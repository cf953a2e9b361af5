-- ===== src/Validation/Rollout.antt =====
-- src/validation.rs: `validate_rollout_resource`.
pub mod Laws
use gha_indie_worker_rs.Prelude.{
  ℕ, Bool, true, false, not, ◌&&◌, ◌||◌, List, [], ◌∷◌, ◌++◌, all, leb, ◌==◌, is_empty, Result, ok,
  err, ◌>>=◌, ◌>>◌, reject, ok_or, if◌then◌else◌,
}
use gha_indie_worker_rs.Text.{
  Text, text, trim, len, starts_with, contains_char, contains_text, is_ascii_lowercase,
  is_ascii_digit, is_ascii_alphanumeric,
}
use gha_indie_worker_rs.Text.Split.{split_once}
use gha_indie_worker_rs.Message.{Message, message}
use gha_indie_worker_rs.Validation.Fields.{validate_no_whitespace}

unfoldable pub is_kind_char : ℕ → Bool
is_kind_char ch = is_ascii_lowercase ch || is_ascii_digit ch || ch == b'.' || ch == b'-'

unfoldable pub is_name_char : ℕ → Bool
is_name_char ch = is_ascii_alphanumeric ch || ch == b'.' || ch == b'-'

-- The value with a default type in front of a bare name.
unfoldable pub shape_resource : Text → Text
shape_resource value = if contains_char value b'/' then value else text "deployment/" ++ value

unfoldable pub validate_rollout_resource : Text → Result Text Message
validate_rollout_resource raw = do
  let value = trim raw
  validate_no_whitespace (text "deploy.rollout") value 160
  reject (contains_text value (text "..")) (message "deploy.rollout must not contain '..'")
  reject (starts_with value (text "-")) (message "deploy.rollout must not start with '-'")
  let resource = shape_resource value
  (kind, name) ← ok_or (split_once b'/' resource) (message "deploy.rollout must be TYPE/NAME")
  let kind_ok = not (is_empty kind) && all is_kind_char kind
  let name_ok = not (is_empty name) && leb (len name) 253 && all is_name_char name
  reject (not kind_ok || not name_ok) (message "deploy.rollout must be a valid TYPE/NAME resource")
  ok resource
━━━━━━━━
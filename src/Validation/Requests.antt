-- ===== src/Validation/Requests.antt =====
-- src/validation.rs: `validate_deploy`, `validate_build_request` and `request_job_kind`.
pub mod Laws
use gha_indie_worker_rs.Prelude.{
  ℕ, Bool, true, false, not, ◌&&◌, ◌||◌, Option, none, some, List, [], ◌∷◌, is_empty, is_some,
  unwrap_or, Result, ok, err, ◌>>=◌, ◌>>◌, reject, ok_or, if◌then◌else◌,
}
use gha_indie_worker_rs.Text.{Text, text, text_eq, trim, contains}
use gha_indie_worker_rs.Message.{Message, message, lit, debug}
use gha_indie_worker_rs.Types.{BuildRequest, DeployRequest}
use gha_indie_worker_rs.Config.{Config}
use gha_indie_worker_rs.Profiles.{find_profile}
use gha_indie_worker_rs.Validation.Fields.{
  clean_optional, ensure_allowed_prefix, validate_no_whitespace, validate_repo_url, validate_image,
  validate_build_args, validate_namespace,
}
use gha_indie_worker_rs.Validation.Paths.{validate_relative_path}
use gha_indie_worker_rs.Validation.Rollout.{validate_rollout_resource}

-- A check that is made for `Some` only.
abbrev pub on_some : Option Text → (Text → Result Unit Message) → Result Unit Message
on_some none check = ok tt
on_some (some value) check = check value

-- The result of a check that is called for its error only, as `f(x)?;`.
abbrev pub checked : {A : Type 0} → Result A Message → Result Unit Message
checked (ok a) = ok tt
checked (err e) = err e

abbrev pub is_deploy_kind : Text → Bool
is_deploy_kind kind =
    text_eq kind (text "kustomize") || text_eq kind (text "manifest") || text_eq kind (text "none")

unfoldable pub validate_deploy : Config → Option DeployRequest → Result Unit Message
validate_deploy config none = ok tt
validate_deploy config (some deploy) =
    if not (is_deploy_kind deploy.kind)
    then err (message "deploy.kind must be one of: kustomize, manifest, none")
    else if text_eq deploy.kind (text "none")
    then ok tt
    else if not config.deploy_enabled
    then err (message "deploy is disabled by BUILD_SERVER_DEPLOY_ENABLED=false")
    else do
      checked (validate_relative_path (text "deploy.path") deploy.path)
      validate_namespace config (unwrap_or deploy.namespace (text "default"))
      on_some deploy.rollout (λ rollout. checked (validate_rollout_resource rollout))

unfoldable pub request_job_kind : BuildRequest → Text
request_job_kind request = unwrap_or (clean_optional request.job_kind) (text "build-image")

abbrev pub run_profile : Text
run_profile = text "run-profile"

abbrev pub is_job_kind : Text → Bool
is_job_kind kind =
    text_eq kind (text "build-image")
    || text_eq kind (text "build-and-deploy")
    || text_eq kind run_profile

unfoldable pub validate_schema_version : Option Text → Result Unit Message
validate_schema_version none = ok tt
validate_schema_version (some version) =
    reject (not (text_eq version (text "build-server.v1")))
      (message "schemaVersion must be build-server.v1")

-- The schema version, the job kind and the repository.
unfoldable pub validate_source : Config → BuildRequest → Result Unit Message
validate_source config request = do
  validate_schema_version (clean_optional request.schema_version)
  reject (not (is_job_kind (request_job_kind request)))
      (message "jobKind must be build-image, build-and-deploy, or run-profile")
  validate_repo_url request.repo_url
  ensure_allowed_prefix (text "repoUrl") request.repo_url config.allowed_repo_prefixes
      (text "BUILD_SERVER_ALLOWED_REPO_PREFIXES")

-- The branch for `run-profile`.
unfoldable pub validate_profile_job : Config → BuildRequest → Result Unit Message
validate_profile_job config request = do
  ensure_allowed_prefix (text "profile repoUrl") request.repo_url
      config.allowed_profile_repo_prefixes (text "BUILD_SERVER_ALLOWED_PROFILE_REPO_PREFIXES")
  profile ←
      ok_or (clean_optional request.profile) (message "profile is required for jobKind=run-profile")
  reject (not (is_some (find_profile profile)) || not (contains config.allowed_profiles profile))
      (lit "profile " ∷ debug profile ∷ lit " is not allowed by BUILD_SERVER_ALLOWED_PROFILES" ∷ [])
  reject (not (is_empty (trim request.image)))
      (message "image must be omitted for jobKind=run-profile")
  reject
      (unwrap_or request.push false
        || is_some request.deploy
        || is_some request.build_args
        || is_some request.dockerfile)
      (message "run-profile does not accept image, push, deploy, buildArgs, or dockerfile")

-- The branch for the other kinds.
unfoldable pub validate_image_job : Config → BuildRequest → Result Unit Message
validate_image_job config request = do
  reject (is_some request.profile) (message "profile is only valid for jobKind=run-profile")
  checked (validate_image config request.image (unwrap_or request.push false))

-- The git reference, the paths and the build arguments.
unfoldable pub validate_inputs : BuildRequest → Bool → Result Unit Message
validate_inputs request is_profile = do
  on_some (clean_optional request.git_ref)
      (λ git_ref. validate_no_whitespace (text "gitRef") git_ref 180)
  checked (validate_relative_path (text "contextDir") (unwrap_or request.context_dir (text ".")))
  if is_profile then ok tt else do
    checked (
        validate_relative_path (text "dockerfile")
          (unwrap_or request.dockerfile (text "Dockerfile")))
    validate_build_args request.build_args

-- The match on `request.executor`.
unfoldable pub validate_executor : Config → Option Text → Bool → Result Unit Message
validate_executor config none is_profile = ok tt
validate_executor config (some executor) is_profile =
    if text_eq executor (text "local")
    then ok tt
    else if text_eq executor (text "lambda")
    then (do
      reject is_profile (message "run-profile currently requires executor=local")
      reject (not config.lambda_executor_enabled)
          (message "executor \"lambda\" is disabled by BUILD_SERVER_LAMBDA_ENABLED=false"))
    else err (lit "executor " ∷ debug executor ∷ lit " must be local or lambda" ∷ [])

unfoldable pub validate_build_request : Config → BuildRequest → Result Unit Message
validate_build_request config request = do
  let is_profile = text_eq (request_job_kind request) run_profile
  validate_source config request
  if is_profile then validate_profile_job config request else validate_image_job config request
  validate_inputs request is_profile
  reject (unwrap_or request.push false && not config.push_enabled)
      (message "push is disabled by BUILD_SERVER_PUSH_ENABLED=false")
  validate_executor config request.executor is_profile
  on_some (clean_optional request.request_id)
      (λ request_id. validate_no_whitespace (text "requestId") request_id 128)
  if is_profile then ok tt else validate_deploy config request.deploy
━━━━━━━━
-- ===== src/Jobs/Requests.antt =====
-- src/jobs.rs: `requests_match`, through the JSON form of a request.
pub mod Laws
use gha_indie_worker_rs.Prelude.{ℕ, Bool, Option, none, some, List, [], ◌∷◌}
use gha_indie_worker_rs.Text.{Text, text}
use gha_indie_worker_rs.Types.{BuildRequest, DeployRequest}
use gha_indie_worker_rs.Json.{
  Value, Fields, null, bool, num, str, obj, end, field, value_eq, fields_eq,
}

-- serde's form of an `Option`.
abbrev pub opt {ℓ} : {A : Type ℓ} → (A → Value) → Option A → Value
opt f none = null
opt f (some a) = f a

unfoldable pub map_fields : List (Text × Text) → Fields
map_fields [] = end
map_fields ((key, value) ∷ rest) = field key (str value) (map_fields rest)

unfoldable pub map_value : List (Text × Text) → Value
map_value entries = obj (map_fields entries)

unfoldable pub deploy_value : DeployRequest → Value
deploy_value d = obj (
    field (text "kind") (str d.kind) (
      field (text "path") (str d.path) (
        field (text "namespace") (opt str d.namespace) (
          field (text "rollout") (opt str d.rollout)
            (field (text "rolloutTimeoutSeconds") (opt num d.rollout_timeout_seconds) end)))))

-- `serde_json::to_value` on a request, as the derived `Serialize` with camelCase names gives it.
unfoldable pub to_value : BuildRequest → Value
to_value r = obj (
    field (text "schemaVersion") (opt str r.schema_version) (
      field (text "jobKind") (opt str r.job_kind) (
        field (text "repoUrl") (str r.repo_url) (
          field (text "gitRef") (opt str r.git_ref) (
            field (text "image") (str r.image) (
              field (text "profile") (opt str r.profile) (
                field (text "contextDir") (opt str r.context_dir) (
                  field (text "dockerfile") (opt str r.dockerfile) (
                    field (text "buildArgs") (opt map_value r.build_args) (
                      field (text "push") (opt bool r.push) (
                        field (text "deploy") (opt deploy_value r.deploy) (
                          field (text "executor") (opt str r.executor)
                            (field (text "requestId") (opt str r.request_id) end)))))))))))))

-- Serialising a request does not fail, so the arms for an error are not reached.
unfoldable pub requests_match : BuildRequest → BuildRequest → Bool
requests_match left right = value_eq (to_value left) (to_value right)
━━━━━━━━
WORK ITEM →
Copy out all lines of the material above in which "gitRef" occurs.

WRITTEN SOLUTION →
      (λ git_ref. validate_no_whitespace (text "gitRef") git_ref 180)
          field (text "gitRef") (opt str r.git_ref) (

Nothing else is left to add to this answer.